Like Daughter, Like Father
Brown used Lainey’s rifle to tag one of his best Virginia whitetails ever last year, a heavy-antlered, high-racked mainframe 8-pointer with a 9th point kicker. In describing the hunt, he pointed out that having friendly neighbors who share big buck sightings with you is a good thing. One such neighbor alerted him to his 2020 central Virginia monarch.
“It was Thanksgiving week and, as typical of many places I hunt with the .350, I was in an overgrown cutover. There was a small opening at a hardwood bottom that crosses the cutover. That’s where I set up. I was in my stand and I heard something behind me. I carefully glanced over my shoulder and saw the deer,” he said.
Brown was initially unsure how big the animal was, simply thinking that it looked like it had ample body size and, perhaps, decent antlers. As the deer approached, he decided that the deer looked good enough to expend one of his three Virginia buck tags.
Bucks in thick cover are notorious for confounding hunters, often veering off the expected route or disappearing behind trees or shrubs before vanishing. Fortunately, for Brown, this deer pulled no such Houdini act and strode toward the stand, pausing at 40 yards before turning broadside and offering a perfect opportunity. The 145-grain ballistic tip bullet found its mark.

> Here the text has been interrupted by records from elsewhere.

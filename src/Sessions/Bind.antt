-- ===== src/Sessions/Bind.antt =====
-- `bind_managed_launch` under its lock: a hook consumes the launch that its process was started
-- with. It gives its result and what it leaves on the disk, also where it raises.
mod Rebind
pub use Rebind.*
use playbook_harness.Base.{
  ℕ, Bool, true, not, ◌&&◌, ◌||◌, Option, none, some, List, [], ◌∷◌, if◌then◌else◌, Result, ok, err,
  ◌>>=◌, is_empty,
}
use playbook_harness.Text.{Text, codes, text_eq}
use playbook_harness.Identity.{SessionKey}
use playbook_harness.Lanes.{
  LaneError, bad_path, incomplete_environment, provider_disagrees, unknown_capability,
  expired_capability, binding_disagrees, claimed_differently, other_resumed, session_exists,
  target_missing, not_stopped, name_changed, Lane, Files, lane_of,
}
use playbook_harness.Lanes.Validate.{
  Check, require, validate_body_id, validate_lane, is_absolute, session_key, canonical,
}
use playbook_harness.Lanes.Transition.{finalize_lane_binding}
use playbook_harness.Sessions.{
  Operation, new, resume, claimed, Launch, running, stopped, SessionRecord, Entries, Disk,
}
use playbook_harness.Sessions.Directory.{lookup, write, unlink}
use playbook_harness.Sessions.Launches.{
  Clock, is_timestamp, validate_token, validate_launch, is_key, is_reserved, instant_before,
}
use playbook_harness.Sessions.Records.{
  Field, name, managed, state, project, workspace, resume_cwd, body_id, sandbox, last_started_at,
  stopped_at, destroyed_at, entry_of, validate_record, ensure_record, same_flag, same_state,
  same_option,
}
use playbook_harness.Sessions.Reserve.{read_clock}

abbrev pub require_resumable : Bind → Launch → Option SessionRecord → Check
require_resumable b l none = err target_missing
require_resumable b l (some r) = do
  valid ← validate_record r b.key
  a ← require (same_flag r.managed true && same_state r.state stopped) not_stopped
  require (same_option r.name l.name) name_changed

abbrev pub require_absent : Option SessionRecord → Check
require_absent none = ok tt
require_absent (some r) = err session_exists

abbrev pub require_target : Operation → Bind → Launch → Option SessionRecord → Check
require_target new b l o = require_absent o
require_target resume b l o = do
  a ← require (is_key l.expected_provider l.expected_session_id b.key) other_resumed
  require_resumable b l o

-- The checks of a launch that has not expired.
unfoldable pub admit_launch : Bind → Launch → Option SessionRecord → Check
admit_launch b l o = do
  a ←
      require
        (text_eq l.provider b.key.provider
          && text_eq l.body_id b.body
          && text_eq l.project b.root
          && text_eq l.agent_dir b.agent)
        binding_disagrees
  c ←
      require (is_reserved l.state || is_key l.claimed_provider l.claimed_session_id b.key)
        claimed_differently
  require_target l.operation b l o

abbrev pub claim : Bind → Launch → Launch
claim b l = record l {
  state = claimed;
  claimed_provider = some b.key.provider;
  claimed_session_id = some b.key.session_id;
}

abbrev pub named_field : Option Text → List Field
named_field none = []
named_field (some n) = name (some n) ∷ []

abbrev pub bound_fields : Bind → Launch → List Field
bound_fields b l =
    managed true
    ∷ state running
    ∷ project (some b.root)
    ∷ workspace (record { mode = codes "current"; path = b.root })
    ∷ resume_cwd (some l.cwd)
    ∷ body_id (some b.body)
    ∷ sandbox l.sandbox
    ∷ last_started_at (some b.now)
    ∷ stopped_at none
    ∷ destroyed_at none
    ∷ named_field l.name

abbrev pub publish_record : Clock → Bind → Disk → Result LaneError SessionRecord × Entries → Bound
publish_record clock b disk (err e, entries) = (err e, record disk { entries = entries })
publish_record clock b disk (ok r, entries) =
    consume b r (record disk { entries = entries }) (finalize clock b disk.lanes)

-- The launch is claimed, the record written, the lane bound and the launch removed. A launch that is
-- claimed already is not written again.
abbrev pub claim_launch : Clock → Bind → Disk → Launch → Check → Bound
claim_launch clock b disk l (err e) = (err e, disk)
claim_launch clock b disk l (ok u) =
    let launches' =
      if is_reserved l.state then write b.path (claim b l) disk.launches else disk.launches in
    publish_record clock b (record disk { launches = launches' })
      (ensure_record b.key (bound_fields b l) [] b.now disk.entries)

abbrev pub bind_valid : Clock → Bind → Disk → Launch → Check → Bound
bind_valid clock b disk l (err e) = (err e, disk)
bind_valid clock b disk l (ok u) =
    if instant_before (clock l.expires_at) b.at
    then (err expired_capability, record disk { launches = unlink b.path disk.launches })
    else claim_launch clock b disk l (admit_launch b l (entry_of b.key disk.entries).session_record)

abbrev pub bind_launch : Clock → Bind → Disk → Option Launch → Bound
bind_launch clock b disk none = (err unknown_capability, disk)
bind_launch clock b disk (some l) = bind_valid clock b disk l (validate_launch clock l)

-- The record of a conversation that the body runs.
abbrev pub runs_already : Bind → SessionRecord → Bool
runs_already b r =
    same_flag r.managed true
    && same_state r.state running
    && same_option r.body_id (some b.body)
    && same_option r.project (some b.root)

abbrev pub bind_present : Clock → Bind → Disk → SessionRecord → Check → Bound
bind_present clock b disk r (err e) = (err e, disk)
bind_present clock b disk r (ok u) =
    if runs_already b r
    then rebind clock b r disk (lookup b.path disk.launches)
    else bind_launch clock b disk (lookup b.path disk.launches)

abbrev pub bind_record : Clock → Bind → Disk → Option SessionRecord → Bound
bind_record clock b disk none = bind_launch clock b disk (lookup b.path disk.launches)
bind_record clock b disk (some r) = bind_present clock b disk r (validate_record r b.key)

abbrev pub bind_token : Clock → Bind → Disk → Check → Bound
bind_token clock b disk (err e) = (err e, disk)
bind_token clock b disk (ok u) =
    bind_record clock b disk (entry_of b.key disk.entries).session_record

-- `bind_managed_launch`, under the lock.
unfoldable pub bind_locked : Clock → Bind → Disk → Bound
bind_locked clock b disk = bind_token clock b disk (validate_token b.token)
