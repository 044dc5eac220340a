-- ===== src/Sessions/Admission.antt =====
-- The launches that let a conversation in.
use playbook_harness.Base.{◌≡◌, refl, ◌⊎◌, true, Option, none, some, arith, ok}
use playbook_harness.Text.{Text, text_eq_iff}
use playbook_harness.Identity.{}
use playbook_harness.Lanes.{}
use playbook_harness.Lanes.Validate.{}
use playbook_harness.Sessions.{Operation, new, resume, Launch, stopped, SessionRecord}
use playbook_harness.Sessions.Directory.{}
use playbook_harness.Sessions.Launches.{is_key, is_reserved}
use playbook_harness.Sessions.Records.{same_option}
use playbook_harness.Sessions.Bind.{Bind, require_target, admit_launch}

-- The conversation that a launch lets in: a new one, or the stopped one that it resumes.
abbrev pub IsTarget : Operation → Bind → Launch → Option SessionRecord → Type 0
IsTarget new b l o = o ≡ none
IsTarget resume b l o =
    (is_key l.expected_provider l.expected_session_id b.key ≡ true)
    × ((r : SessionRecord) × (o ≡ some r)
        × (r.managed ≡ some true)
        × (r.state ≡ some stopped)
        × (r.name ≡ l.name))

pub record IsAdmission (b : Bind) (l : Launch) (o : Option SessionRecord) : Type 0 where
  pub same_provider : l.provider ≡ b.key.provider
  pub same_body : l.body_id ≡ b.body
  pub same_project : l.project ≡ b.root
  pub same_agent : l.agent_dir ≡ b.agent
  pub unclaimed :
      (is_reserved l.state ≡ true) ⊎ (is_key l.claimed_provider l.claimed_session_id b.key ≡ true)
  pub target : IsTarget l.operation b l o

same_option-eq : (a b : Option Text) → same_option a b ≡ true → a ≡ b
same_option-eq none none h = refl
same_option-eq (some a) (some b) h = ground (arith, text_eq_iff a b)
same_option-eq none (some b) h = cc
same_option-eq (some a) none h = cc

require_target-IsTarget :
    (op : Operation) (b : Bind) (l : Launch) (o : Option SessionRecord)
    → require_target op b l o ≡ ok tt
    → IsTarget op b l o
require_target-IsTarget new b l none h = refl
require_target-IsTarget new b l (some r) h = cc
require_target-IsTarget resume b l none h = absurd (ground arith)
require_target-IsTarget resume b l (some r) h = (
  ground arith,
  (r, refl, ground arith, ground arith, same_option-eq r.name l.name (ground arith)),
)

pub admit_launch-IsAdmission :
    (b : Bind) (l : Launch) (o : Option SessionRecord)
    → admit_launch b l o ≡ ok tt
    → IsAdmission b l o
unfolding admit_launch
admit_launch-IsAdmission b l o h =
    let k : require_target l.operation b l o ≡ ok tt = ground arith in
    record {
      same_provider = ground (arith, text_eq_iff l.provider b.key.provider);
      same_body = ground (arith, text_eq_iff l.body_id b.body);
      same_project = ground (arith, text_eq_iff l.project b.root);
      same_agent = ground (arith, text_eq_iff l.agent_dir b.agent);
      unclaimed = ground arith;
      target = require_target-IsTarget l.operation b l o k;
    }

“I knew the deer was well-hit when I shot. It likely wouldn’t go far,” Brown said.
While Brown knew the buck was nice, he didn’t think he had tagged anything exceptional in terms of antlers. Since Virginia hunters can legally take two deer a day and it was a cold morning, Brown opted to stay in his stand a little longer. After all, a doe or a big buck still might come by. As he sat there replaying the shot scenario in his head, he began reconsidering the deer below him and climbed down for a better look.

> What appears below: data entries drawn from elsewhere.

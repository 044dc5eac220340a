-- ===== src/Sessions/Sublist.antt =====
-- Files that are left when others are removed.
use playbook_harness.Base.{ℕ, ◌≡◌, inl, inr, length, ◌+◌, false, [], ◌∷◌, arith, Bool-cases, All}
use playbook_harness.Text.{Text, text_eq}
use playbook_harness.Sessions.{Launch, Launches}
use playbook_harness.Sessions.Directory.{unlink}
use playbook_harness.Sessions.Launches.{Clock, remove_expired, revoke, is_expired, is_revoked}

-- The first list in order within the second.
pub data Sublist : Launches → Launches → Type 0 where
  done : Sublist [] []
  keep :
      {left files : Launches}
      → (f : Text × Launch) → Sublist left files
      → Sublist (f ∷ left) (f ∷ files)
  skip :
      {left files : Launches} → (f : Text × Launch) → Sublist left files → Sublist left (f ∷ files)

pub Sublist-refl : (files : Launches) → Sublist files files
Sublist-refl [] = done
Sublist-refl (f ∷ files) = keep f (Sublist-refl files)

pub Sublist-trans : {a b c : Launches} → Sublist a b → Sublist b c → Sublist a c
Sublist-trans h done = h
Sublist-trans (keep _ h) (keep f k) = keep f (Sublist-trans h k)
Sublist-trans (skip _ h) (keep f k) = skip f (Sublist-trans h k)
Sublist-trans h (skip f k) = skip f (Sublist-trans h k)

pub remove_expired-Sublist :
    (clock : Clock) (t : ℕ) (files : Launches) → Sublist (remove_expired clock t files) files
unfolding remove_expired
remove_expired-Sublist clock t [] = done
remove_expired-Sublist clock t ((k, l) ∷ files) = elim (Bool-cases (is_expired clock t l)) [
  | inl e ↦ rw e (skip (k, l) (remove_expired-Sublist clock t files))
  | inr e ↦ rw e (keep (k, l) (remove_expired-Sublist clock t files))
]

pub unlink-Sublist : (name : Text) (files : Launches) → Sublist (unlink name files) files
unfolding unlink
unlink-Sublist name [] = done
unlink-Sublist name ((k, l) ∷ files) = elim (Bool-cases (text_eq k name)) [
  | inl e ↦ rw e (skip (k, l) (unlink-Sublist name files))
  | inr e ↦ rw e (keep (k, l) (unlink-Sublist name files))
]

-- The launches that are left are those of the files, without any that is unclaimed by the body.
pub revoke-Sublist :
    (clock : Clock) (body : Text) (files : Launches)
    → Sublist (revoke clock body files).1 files
      × All (λ f. is_revoked clock body f.1 ≡ false) (revoke clock body files).1
      × (length (revoke clock body files).1 + (revoke clock body files).0 ≡ length files)
unfolding revoke
revoke-Sublist clock body [] = (done, tt, omega arith)
revoke-Sublist clock body ((k, l) ∷ files) =
    let (s, a, n) = revoke-Sublist clock body files in
    elim (Bool-cases (is_revoked clock body l)) [
      | inl e ↦ rw e (skip (k, l) s, a, omega (arith, n))
      | inr e ↦ rw e (keep (k, l) s, (e, a), omega (arith, n))
    ]

pub All-Sublist :
    (P : Text × Launch → Type 0) {left files : Launches}
    → Sublist left files
    → All P files
    → All P left
All-Sublist P done a = tt
All-Sublist P (keep f h) a = (a.0, All-Sublist P h a.1)
All-Sublist P (skip f h) a = All-Sublist P h a.1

Brown found the buck in a thick clump of scrubby vegetation along the overgrown cutover. He knelt, lifting the buck’s head to marvel at the deer’s magnificence. He was also surprised at his own previous uncertainty about the buck’s stature. After snapping a couple photos with his smartphone, he called a friend to share the news before field dressing the deer. His Thanksgiving list of things for which to be grateful had grown by one. The buck later measured, for those interested, just under 140 inches on the Boone and Crockett scale, a beautiful 8-pointer in anybody’s book.

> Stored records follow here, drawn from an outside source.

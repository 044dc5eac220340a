-- ===== src/TaskCore/Slugs.antt =====
-- The form of the names that new tasks get.
use playbook_harness.Base.{
  ℕ, ◌≡◌, refl, Bool, true, false, not, ◌&&◌, ◌||◌, [], ◌∷◌, arith, if◌then◌else◌, is_empty,
}
use playbook_harness.Text.{Text, within, lower, lower_char}
use playbook_harness.Detection.{is_digit}
use playbook_harness.TaskCore.{
  is_dash, is_gap, is_slug_char, sub_runs, keep_slug_chars, lstrip_dashes, rstrip_dashes, slugify,
}

-- The characters of a class and single dashes; the flag forbids a dash at the start.
rough : Bool → Text → Bool
rough dash [] = true
rough dash (c ∷ t) =
    let after = rough true t in
    let within_word = rough false t in
    if is_dash c then not dash && after else is_slug_char c && within_word

-- Words of a class, with single dashes between them.
unfoldable pub words : (ℕ → Bool) → Bool → Text → Bool
words p dash [] = not dash
words p dash (c ∷ t) =
    let after = words p true t in
    let within_word = words p false t in if is_dash c then not dash && after else p c && within_word

unfoldable pub is_lower_alnum : ℕ → Bool
is_lower_alnum c = within b'a' b'z' c || is_digit c

-- `[a-z0-9]+(-[a-z0-9]+)*`, or nothing.
unfoldable pub is_slug : Text → Bool
is_slug t = is_empty t || words is_lower_alnum true t

dash-is_dash : is_dash b'-' ≡ true
unfolding is_dash
dash-is_dash = refl

collapsed-rough :
    (dash : Bool) (t : Text) → rough dash (sub_runs is_dash dash (keep_slug_chars t)) ≡ true
unfolding rough keep_slug_chars sub_runs
collapsed-rough dash [] = refl
collapsed-rough dash (c ∷ t) =
    ground
      (arith, collapsed-rough true t, collapsed-rough false t, collapsed-rough dash t, dash-is_dash)

lstrip-rough : (dash : Bool) (t : Text) → rough dash t ≡ true → rough true (lstrip_dashes t) ≡ true
unfolding rough lstrip_dashes
lstrip-rough dash [] h = refl
lstrip-rough dash (c ∷ t) h = ground (arith, lstrip-rough true t)

rstrip-words :
    (dash : Bool) (t : Text)
    → rough dash t ≡ true
    → (is_empty (rstrip_dashes t) || words is_slug_char dash (rstrip_dashes t)) ≡ true
unfolding rough rstrip_dashes words
rstrip-words dash [] h = refl
rstrip-words dash (c ∷ t) h = ground (arith, rstrip-words true t, rstrip-words false t)

lower-class : (c : ℕ) → is_slug_char c ≡ true → is_lower_alnum (lower_char c) ≡ true
unfolding is_slug_char is_lower_alnum lower_char
lower-class c h = ground arith

lower-dash : (c : ℕ) → is_dash (lower_char c) ≡ is_dash c
unfolding is_dash lower_char
lower-dash c = ground arith

lower-words :
    (dash : Bool) (t : Text)
    → words is_slug_char dash t ≡ true
    → words is_lower_alnum dash (lower t) ≡ true
unfolding words lower
lower-words dash [] h = h
lower-words dash (c ∷ t) h =
    rw (lower-dash c) (ground (arith, lower-class c, lower-words true t, lower-words false t))

is_empty-lower : (t : Text) → is_empty (lower t) ≡ is_empty t
unfolding lower
is_empty-lower [] = refl
is_empty-lower (c ∷ t) = refl

pub slugify-is_slug : (name : Text) → is_slug (slugify name) ≡ true
unfolding is_slug slugify
slugify-is_slug name =
    let kept = keep_slug_chars (sub_runs is_gap false name) in
    let stripped = lstrip_dashes (sub_runs is_dash false kept) in
    let h = rstrip-words true stripped (
      lstrip-rough false (sub_runs is_dash false kept)
        (collapsed-rough false (sub_runs is_gap false name))) in
    rw (is_empty-lower (rstrip_dashes stripped))
      (ground (arith, h, lower-words true (rstrip_dashes stripped)))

Brown, a lifelong deer hunter, says Virginia’s deer hunting is a somewhat unknown or underrated secret. “We’ve got a great deer population, generous bag limits, long seasons (in many parts of the commonwealth) and a little bit of everything when it comes to habitat, including coastal areas, the mountains and more than a million acres of national forests.
“When you hunt here your whole life, you take it for granted, but we have a lot to offer to deer hunters,” he said.
Proud Dad
Brown said his daughter’s shooting skills are impressive for her young age, noting that she often outshoots him at the range. Her 7-point buck made her the envy of many of her buddies at school, he added.
Lainey also holds the distinction of taking the largest wild turkey gobbler ever recorded in the Brown family, a tremendous old tom weighing 22 pounds, seven ounces that was wearing an 11.5-inch beard and wielding 1.75-inch spurs. “She had to settle me down when that bird was coming in. I was shaking but she was steady as a rock,” Brown said.
“Lainey has definitely stepped into the family tradition of hunting. She is representative of a lot of what we see today with more female hunters getting into the sport. I’ve found she enjoys being in the woods as much as me and relishes the hunting experience whether we actually tag something or not,” Brown said.
It sounds like a second .350 Legend rifle option may soon need to find its way into this family.